→ Work item
Using the listing below, retype exactly the lines starting at the one with "-- chunks joined." and ending at the one with "read_capped_body_iff cap chunks", and include both.

#####

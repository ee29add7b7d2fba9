-- ===== src/Service/Requests/Bounds.antt =====
-- service/app.py `_read_capped_body`: which bodies are read.
use mathlib.Core.List.{append-nil, append_assoc}
use quellgeist.Base.{
  ℕ, ◌+◌, ◌≤◌, false, List, [], ◌∷◌, ◌++◌, ◌≡◌, refl, sym, ap, ◌∙◌, ◌↔◌, length, ltb, arith,
  Bool-cases, inl, inr, length-append, subst,
}
use quellgeist.Effects.{ok, ok-injective}
use quellgeist.Service.Requests.{read_chunks, read_capped_body}

-- `b"".join(chunks)`.
abbrev pub joined : List (List ℕ) → List ℕ
joined [] = []
joined (c ∷ cs) = c ++ joined cs

-- The running total of the loop.
grown :
    (total : ℕ) (body chunk : List ℕ)
    → total ≡ length body
    → total + length chunk ≡ length (body ++ chunk)
grown total body chunk e = grind (arith, length-append)

within : (cap n m : ℕ) → n ≡ m → ltb cap n ≡ false → m ≤ cap
within cap n m e t = ground arith

beyond : (cap n m k : ℕ) → n ≡ m → m + k ≤ cap → ltb cap n ≡ false
beyond cap n m k e h = ground arith

read_chunks-ok :
    (cap total : ℕ) (body : List ℕ) (chunks : List (List ℕ)) (out : List ℕ)
    → total ≡ length body
    → length body ≤ cap
    → read_chunks cap total body chunks ≡ ok out
    → (out ≡ body ++ joined chunks) × (length out ≤ cap)
unfolding read_chunks
read_chunks-ok cap total body [] out same small e = (
  sym (ok-injective e) ∙ sym (append-nil body),
  subst (λ o. length o ≤ cap) (ok-injective e) small,
)
read_chunks-ok cap total body (c ∷ cs) out same small e =
    elim (Bool-cases (ltb cap (total + length c))) [
      | inl t ↦ absurd (cc (rw t at e))
      | inr t ↦
          let n : total + length c ≡ length (body ++ c) = grown total body c same in
          let k =
            read_chunks-ok cap (total + length c) (body ++ c) cs out n (within cap _ _ n t)
              (rw t at e) in
          (k.0 ∙ append_assoc body c _, k.1)
    ]

read_chunks-fits :
    (cap total : ℕ) (body : List ℕ) (chunks : List (List ℕ))
    → total ≡ length body
    → length (body ++ joined chunks) ≤ cap
    → read_chunks cap total body chunks ≡ ok (body ++ joined chunks)
unfolding read_chunks
read_chunks-fits cap total body [] same fits = ap ok (sym (append-nil body))
read_chunks-fits cap total body (c ∷ cs) same fits =
    let n : total + length c ≡ length (body ++ c) = grown total body c same in
    let whole : length ((body ++ c) ++ joined cs) ≤ cap =
      subst (λ b. length b ≤ cap) (sym (append_assoc body c (joined cs))) fits in
    let t : ltb cap (total + length c) ≡ false =
      beyond cap _ _ (length (joined cs)) n
        (subst (λ m. m ≤ cap) (length-append (body ++ c) _) whole) in
    rw t (
      read_chunks-fits cap (total + length c) (body ++ c) cs n whole
      ∙ ap ok (append_assoc body c _))

-- The body is read exactly when all the chunks together are within the cap, and then it is the
-- chunks joined.
pub read_capped_body_iff :
    (cap : ℕ) (chunks : List (List ℕ)) (body : List ℕ)
    → (read_capped_body cap chunks ≡ ok body) ↔ ((body ≡ joined chunks) × (length body ≤ cap))
unfolding read_capped_body
read_capped_body_iff cap chunks body = (
  λ e. read_chunks-ok cap 0 [] chunks body refl (omega arith) e,
  λ h.
      read_chunks-fits cap 0 [] chunks refl (subst (λ b. length b ≤ cap) h.0 h.1) ∙ ap ok (sym h.0),
)
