-- ===== src/Store.antt =====
-- The store package: the rows, the state that one connection sees, and the data-access functions.
pub mod Models
pub mod World
pub mod Dao
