-- ===== src/Store/Dao/Registry.antt =====
-- store/dao.py: the table of incidents keeps what a registry by id promises.
use quellgeist.Base.{
  String, ◌≡◌, refl, sym, ap, ◌∙◌, ◌⊎◌, inl, inr, Bool, true, false, not, ◌&&◌, ◌==◌, string_eq,
  Option, none, some, List, [], ◌∷◌, ◌++◌, map, keep, any, find_first, Bool-cases, if◌then◌else◌,
  eq_iff, is_some, beq_refl,
}
use quellgeist.Effects.{Exn, Result, ok, raise}
use quellgeist.Store.Models.{Status, Incident}
use quellgeist.Store.World.{World, Action, transaction}
use quellgeist.Store.Dao.{
  has_incident, find_incident, create_incident, with_status, set_incident_status, delete_incident,
}

-- What the callers of the table know of it: which incident an id has.
abbrev pub Registry : Type 0
Registry = String → Option Incident

abbrev relabelled : Status → Option Incident → Option Incident
relabelled status none = none
relabelled status (some i) = some (record i { status = status })

-- The writes of the table.
pub data Command : Type 0 where
  create : Incident → Command
  relabel : String → Status → Command
  delete : String → Command

abbrev pub execute : Command → Action (Unit {0})
execute (create i) = create_incident i
execute (relabel id status) = set_incident_status id status
execute (delete id) = delete_incident id

-- What a registry makes of a command: an id is given once, a command for one id leaves the others.
abbrev specified : Command → Registry → Option Registry
specified (create i) r =
    if is_some (r i.id) then none else some (λ id. if id == i.id then some i else r id)
specified (relabel id status) r = some (λ j. if j == id then relabelled status (r j) else r j)
specified (delete id) r = some (λ j. if j == id then none else r j)

abbrev registry_of : World → Registry
registry_of w = λ id. find_incident id w

any-find_first : {A : Type 0} (p : A → Bool) (xs : List A) → any p xs ≡ is_some (find_first p xs)
unfolding any find_first
any-find_first p [] = refl
any-find_first p (x ∷ xs) = elim (Bool-cases (p x)) [
  | inl t ↦ rw t refl
  | inr t ↦ rw t (any-find_first p xs)
]

same_eq : (a b : String) → (a == b) ≡ true → a ≡ b
same_eq a b h = (eq_iff a b).0 h

beq_sym : (a b : String) → (a == b) ≡ (b == a)
beq_sym a b = elim (Bool-cases (a == b)) [
  | inl t ↦ t ∙ sym (ap (λ x. x == a) (sym (same_eq a b t)) ∙ beq_refl a)
  | inr f ↦ elim (Bool-cases (b == a)) [
    | inl t ↦ ap (λ x. a == x) (same_eq b a t) ∙ beq_refl a ∙ sym t
    | inr g ↦ f ∙ sym g
  ]
]

module _ (j : String) where
  found : List Incident → Option Incident
  found xs = find_first (λ k. k.id == j) xs

  find-added :
      (xs : List Incident) (i : Incident)
      → is_some (find_first (λ k. k.id == i.id) xs) ≡ false
      → found (xs ++ i ∷ []) ≡ (if j == i.id then some i else found xs)
  unfolding found find_first
  find-added [] i h = rw (beq_sym i.id j) refl
  find-added (x ∷ xs) i h = elim (Bool-cases (x.id == i.id)) [
    | inl t ↦ absurd (cc (rw t at h))
    | inr f ↦ elim (Bool-cases (x.id == j)) [
      | inl t ↦ rw (t, sym (ap (λ y. y == i.id) (same_eq x.id j t)) ∙ f) refl
      | inr g ↦ rw g (find-added xs i (rw f at h))
    ]
  ]

  find-relabelled :
      (id : String) (status : Status) (xs : List Incident)
      → found (map (with_status id status) xs)
        ≡ (if j == id then relabelled status (found xs) else found xs)
  unfolding found find_first
  find-relabelled id status [] = elim (Bool-cases (j == id)) [
    | inl t ↦ rw t refl
    | inr f ↦ rw f refl
  ]
  find-relabelled id status (x ∷ xs) =
      let ih = find-relabelled id status xs in
      elim (Bool-cases (x.id == j)) [
        | inl t ↦
            let same = ap (λ y. y == id) (same_eq x.id j t) in
            elim (Bool-cases (j == id)) [
              | inl u ↦ rw (same ∙ u, t, u) refl
              | inr g ↦ rw (same ∙ g, t, g) refl
            ]
        | inr f ↦ elim (Bool-cases (x.id == id)) [ inl u ↦ rw (u, f) ih | inr g ↦ rw (g, f) ih ]
      ]

  find-kept :
      (id : String) (xs : List Incident)
      → found (keep (λ k. not (k.id == id)) xs) ≡ (if j == id then none else found xs)
  unfolding found find_first keep
  find-kept id [] = elim (Bool-cases (j == id)) [ inl t ↦ rw t refl | inr f ↦ rw f refl ]
  find-kept id (x ∷ xs) =
      let ih = find-kept id xs in
      elim (Bool-cases (x.id == j)) [
        | inl t ↦
            let same = ap (λ y. y == id) (same_eq x.id j t) in
            elim (Bool-cases (j == id)) [
              | inl u ↦ rw (same ∙ u, u) (rw u at ih)
              | inr g ↦ rw (same ∙ g, t, g) refl
            ]
        | inr f ↦ elim (Bool-cases (x.id == id)) [ inl u ↦ rw (u, f) ih | inr g ↦ rw (g, f) ih ]
      ]

-- A refused command leaves the registry as it was; an executed one makes of it what is specified, and
-- is one that the specification accepts.
abbrev pub Refines : Command → World → Result (Unit {0}) × World → Type 0
Refines c w (r, after) =
    ((e : Exn) × (r ≡ raise e) × ((j : String) → registry_of after j ≡ registry_of w j))
    ⊎ ((r ≡ ok tt)
        × ((next : Registry) × (specified c (registry_of w) ≡ some next)
            × ((j : String) → registry_of after j ≡ next j)))

-- Every write of the table of incidents refines the registry: it raises and leaves it alone, or does
-- what the registry specifies for it, which accepts it.
pub execute-Refines : (c : Command) (w : World) → Refines c w (execute c w)
unfolding create_incident set_incident_status delete_incident transaction has_incident find_incident
    found
execute-Refines (create i) w = elim (Bool-cases (w.faults w.transactions)) [
  | inl v ↦ rw v (inl (_, refl, λ j. refl))
  | inr v ↦ elim (Bool-cases (any (λ k. k.id == i.id) w.incidents)) [
    | inl t ↦ rw (v, t) (inl (_, refl, λ j. refl))
    | inr f ↦
        let fresh = sym (any-find_first (λ k. k.id == i.id) w.incidents) ∙ f in
        rw (v, f) (inr (refl, (_, rw fresh refl, λ j. find-added j w.incidents i fresh)))
  ]
]
execute-Refines (relabel id status) w = elim (Bool-cases (w.faults w.transactions)) [
  | inl v ↦ rw v (inl (_, refl, λ j. refl))
  | inr v ↦ rw v (inr (refl, (_, refl, λ j. find-relabelled j id status w.incidents)))
]
execute-Refines (delete id) w = elim (Bool-cases (w.faults w.transactions)) [
  | inl v ↦ rw v (inl (_, refl, λ j. refl))
  | inr v ↦ elim (Bool-cases (has_incident id w && any (λ r. r.incident_id == id) w.runs)) [
    | inl t ↦ rw (v, t) (inl (_, refl, λ j. refl))
    | inr f ↦ rw (v, f) (inr (refl, (_, refl, λ j. find-kept j id w.incidents)))
  ]
]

#####

→ Reply
-- chunks joined.
pub read_capped_body_iff :
    (cap : ℕ) (chunks : List (List ℕ)) (body : List ℕ)
    → (read_capped_body cap chunks ≡ ok body) ↔ ((body ≡ joined chunks) × (length body ≤ cap))
unfolding read_capped_body
read_capped_body_iff cap chunks body = (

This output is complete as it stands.